Work required:
Search the listing for the word "Bool". Copy every line where it is found.

^^^^^^^^

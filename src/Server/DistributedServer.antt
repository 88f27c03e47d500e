-- ===== src/Server/DistributedServer.antt =====
-- The class `DistributedServer` of packages/server/src/distributedServer.ts: its node streams and
-- the handlers of its service, over the coordinator and the registry. What a stream does on its own
-- is in Server/Delivery.
pub mod Serve
pub mod Admission
pub mod Streams
pub mod Changes
pub mod Agreement
pub mod Kept
pub mod OneStream
pub mod Broadcasts
mod Tests
use express_token_revoker.Prelude.{
  ℕ, ◌+◌, Bool, true, false, not, ◌&&◌, ◌||◌, Option, none, some, List, [], ◌∷◌, ◌++◌, leb, ltb,
  ◌==◌, length, if◌then◌else◌,
}
use express_token_revoker.Prelude.Result.{Result, ok, err, internal_error, validation_error}
use express_token_revoker.Prelude.Text.{Text, codes, text_eq}
use express_token_revoker.Server.CanonicalWal.Wal.{Faults, last_lsn}
use express_token_revoker.Server.Coordinator
use express_token_revoker.Server.Coordinator.{
  OutboundEvent, Coordinator, CallFaults, set_listener, on_core_rotation,
}
use express_token_revoker.Server.NodeRegistry.{
  NodeRegistry, open_registry, close_registry, unregister_node, record_sent, touch,
}
use express_token_revoker.Server.Delivery.{
  Connection, Outbound, broadcast_event, keepalive_sent, write_event, enqueue_task, close, step,
}

-- A member of `#connections`; objects are told apart by the number of their `Subscribe` call.
pub record NodeStream : Type 0 where
  pub handle : ℕ
  pub connection : Connection

-- `calls` numbers the `Subscribe` calls.
pub record DistributedServer (R : Type 0) : Type 0 where
  pub coordinator : Coordinator R
  pub registry : NodeRegistry ℕ
  pub connections : List NodeStream
  pub calls : ℕ

-- The characters of an id, and `idPattern.test(id)`
abbrev pub is_alphanumeric : ℕ → Bool
is_alphanumeric c =
    (leb b'0' c && leb c b'9') || (leb b'A' c && leb c b'Z') || (leb b'a' c && leb c b'z')

unfoldable pub all_id_chars : Text → Bool
all_id_chars [] = true
all_id_chars (c ∷ s) = (is_alphanumeric c || (c == b'_') || (c == b'-')) && all_id_chars s

unfoldable pub is_valid_id : Text → Bool
unfolding all_id_chars
is_valid_id [] = false
is_valid_id (c ∷ s) = is_alphanumeric c && all_id_chars s && leb (length s) 63

unfoldable pub starts_with : Text → Text → Bool
starts_with [] s = true
starts_with (c ∷ p) [] = false
starts_with (c ∷ p) (d ∷ s) = (c == d) && starts_with p s

unfoldable pub is_loopback_host : Text → Bool
unfolding starts_with text_eq
is_loopback_host host =
    text_eq host (codes "localhost")
    || text_eq host (codes "::1")
    || starts_with (codes "127.") host

-- `Set.delete`, and the changes of a member in place
unfoldable pub delete_stream : ℕ → List NodeStream → List NodeStream
delete_stream h [] = []
delete_stream h (s ∷ ss) = if s.handle == h then ss else s ∷ delete_stream h ss

unfoldable pub find_stream : ℕ → List NodeStream → Option Connection
find_stream h [] = none
find_stream h (s ∷ ss) = if s.handle == h then some s.connection else find_stream h ss

unfoldable pub put_stream : ℕ → Connection → List NodeStream → List NodeStream
put_stream h c [] = []
put_stream h c (s ∷ ss) =
    if s.handle == h then record s { connection = c } ∷ ss else s ∷ put_stream h c ss

-- `#broadcast` of one event, and of the events that a listener was given, the latest first
abbrev pub with_event : OutboundEvent → NodeStream → NodeStream
with_event event s = record s {
  connection = enqueue_task (write_event (broadcast_event event)) s.connection;
}

unfoldable pub broadcast : OutboundEvent → List NodeStream → List NodeStream
broadcast event [] = []
broadcast event (s ∷ ss) = with_event event s ∷ broadcast event ss

unfoldable pub broadcast_all : List OutboundEvent → List NodeStream → List NodeStream
unfolding broadcast
broadcast_all [] ss = ss
broadcast_all (e ∷ es) ss = broadcast e (broadcast_all es ss)

-- `recordSent`, if the step has written an event with an LSN
abbrev pub recorded : ℕ → Connection → Connection → NodeRegistry ℕ → NodeRegistry ℕ
recorded now c c' nodes =
    if ltb (length c.sent) (length c'.sent)
    then (record_sent now c'.node_id c'.last_written_lsn nodes).1
    else nodes

module _ {R : Type 0} where
  -- Before a call of the coordinator, and after it: what its listener has been given in between is
  -- broadcast.
  abbrev pub listening : Coordinator R → Coordinator R
  listening c = record c { sent = [] }

  unfoldable pub heard : Coordinator R → DistributedServer R → DistributedServer R
  unfolding broadcast_all
  heard c s = record s { coordinator = c; connections = broadcast_all c.sent s.connections }

  -- The `cleanup` of a stream, once it has been registered
  unfoldable pub cleanup : ℕ → Text → DistributedServer R → DistributedServer R
  unfolding delete_stream unregister_node
  cleanup h id s = record s {
    connections = delete_stream h s.connections;
    registry = (unregister_node id s.registry).1;
  }

  -- `close` of a stream, by the end of its call or by a task that failed
  abbrev pub close_found : ℕ → Option Connection → DistributedServer R → DistributedServer R
  close_found h none s = s
  close_found h (some c) s = if c.is_closed then s else cleanup h c.node_id s

  unfoldable pub close_stream : ℕ → DistributedServer R → DistributedServer R
  unfolding find_stream cleanup
  close_stream h s = close_found h (find_stream h s.connections) s

  unfoldable pub stepped :
      ℕ → ℕ → Connection → Connection → DistributedServer R → DistributedServer R
  unfolding put_stream cleanup record_sent
  stepped now h c c' s =
      let s' : DistributedServer R = record s {
        connections = put_stream h c' s.connections;
        registry = recorded now c c' s.registry;
      } in
      if not c.is_closed && c'.is_closed then cleanup h c'.node_id s' else s'

  -- The next step of the write chain of a stream
  abbrev pub step_found :
      (Text → Option ℕ)
      → Bool
      → Faults
      → ℕ
      → ℕ
      → Option Connection
      → DistributedServer R
      → DistributedServer R
  step_found other refused faults now h none s = s
  step_found other refused faults now h (some c) s =
      stepped now h c (step other refused faults s.coordinator.wal c) s

  unfoldable pub stream_step :
      (Text → Option ℕ) → Bool → Faults → ℕ → ℕ → DistributedServer R → DistributedServer R
  unfolding find_stream stepped step
  stream_step other refused faults now h s =
      step_found other refused faults now h (find_stream h s.connections) s

  -- The timer of `startKeepalive`
  abbrev pub keepalive_found : ℕ → ℕ → Option Connection → DistributedServer R → DistributedServer R
  keepalive_found now h none s = s
  keepalive_found now h (some c) s =
      let event = keepalive_sent (last_lsn s.coordinator.wal) s.coordinator.meta.generation in
      record s {
        connections = put_stream h (enqueue_task (write_event event) c) s.connections;
        registry = (touch now c.node_id s.registry).1;
      }

  unfoldable pub keepalive_due : ℕ → ℕ → DistributedServer R → DistributedServer R
  unfolding find_stream put_stream touch last_lsn
  keepalive_due now h s = keepalive_found now h (find_stream h s.connections) s

  -- A rotation of the core, whose hook is the coordinator's
  unfoldable pub core_rotates :
      (Text → Option ℕ) → CallFaults → DistributedServer R → DistributedServer R
  unfolding heard on_core_rotation
  core_rotates other faults s = heard (on_core_rotation other faults (listening s.coordinator)) s

  -- `start` up to the binding of the port: the credentials are read before anything is changed
  abbrev pub registry_opened :
      Result (Unit {0}) × NodeRegistry ℕ
      → DistributedServer R
      → Result (Unit {0}) × DistributedServer R
  registry_opened (err e, nodes) s = (err e, record s { registry = nodes })
  registry_opened (ok _, nodes) s =
      (ok tt, record s { registry = nodes; coordinator = set_listener true s.coordinator })

  unfoldable pub start :
      Bool → Bool → Text → DistributedServer R → Result (Unit {0}) × DistributedServer R
  unfolding is_loopback_host open_registry set_listener
  start is_insecure unreadable_credentials host s =
      if is_insecure && not (is_loopback_host host)
      then (err validation_error, s)
      else if not is_insecure && unreadable_credentials
      then (err validation_error, s)
      else registry_opened (open_registry s.registry) s

  -- `stop` up to the end of the service
  unfoldable pub close_all : List NodeStream → DistributedServer R → DistributedServer R
  unfolding close_stream
  close_all [] s = s
  close_all (x ∷ xs) s = close_all xs (close_stream x.handle s)

  unfoldable pub stop : DistributedServer R → DistributedServer R
  unfolding close_all close_registry set_listener
  stop s =
      let s' : DistributedServer R =
        close_all s.connections (record s { coordinator = set_listener false s.coordinator }) in
      record s' { connections = []; registry = (close_registry s'.registry).1 }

^^^^^^^^

Solved exercise:
  ℕ, ◌+◌, Bool, true, false, not, ◌&&◌, ◌||◌, Option, none, some, List, [], ◌∷◌, ◌++◌, leb, ltb,
abbrev pub is_alphanumeric : ℕ → Bool
unfoldable pub all_id_chars : Text → Bool
unfoldable pub is_valid_id : Text → Bool
unfoldable pub starts_with : Text → Text → Bool
unfoldable pub is_loopback_host : Text → Bool
      → Bool
      (Text → Option ℕ) → Bool → Faults → ℕ → ℕ → DistributedServer R → DistributedServer R
      Bool → Bool → Text → DistributedServer R → Result (Unit {0}) × DistributedServer R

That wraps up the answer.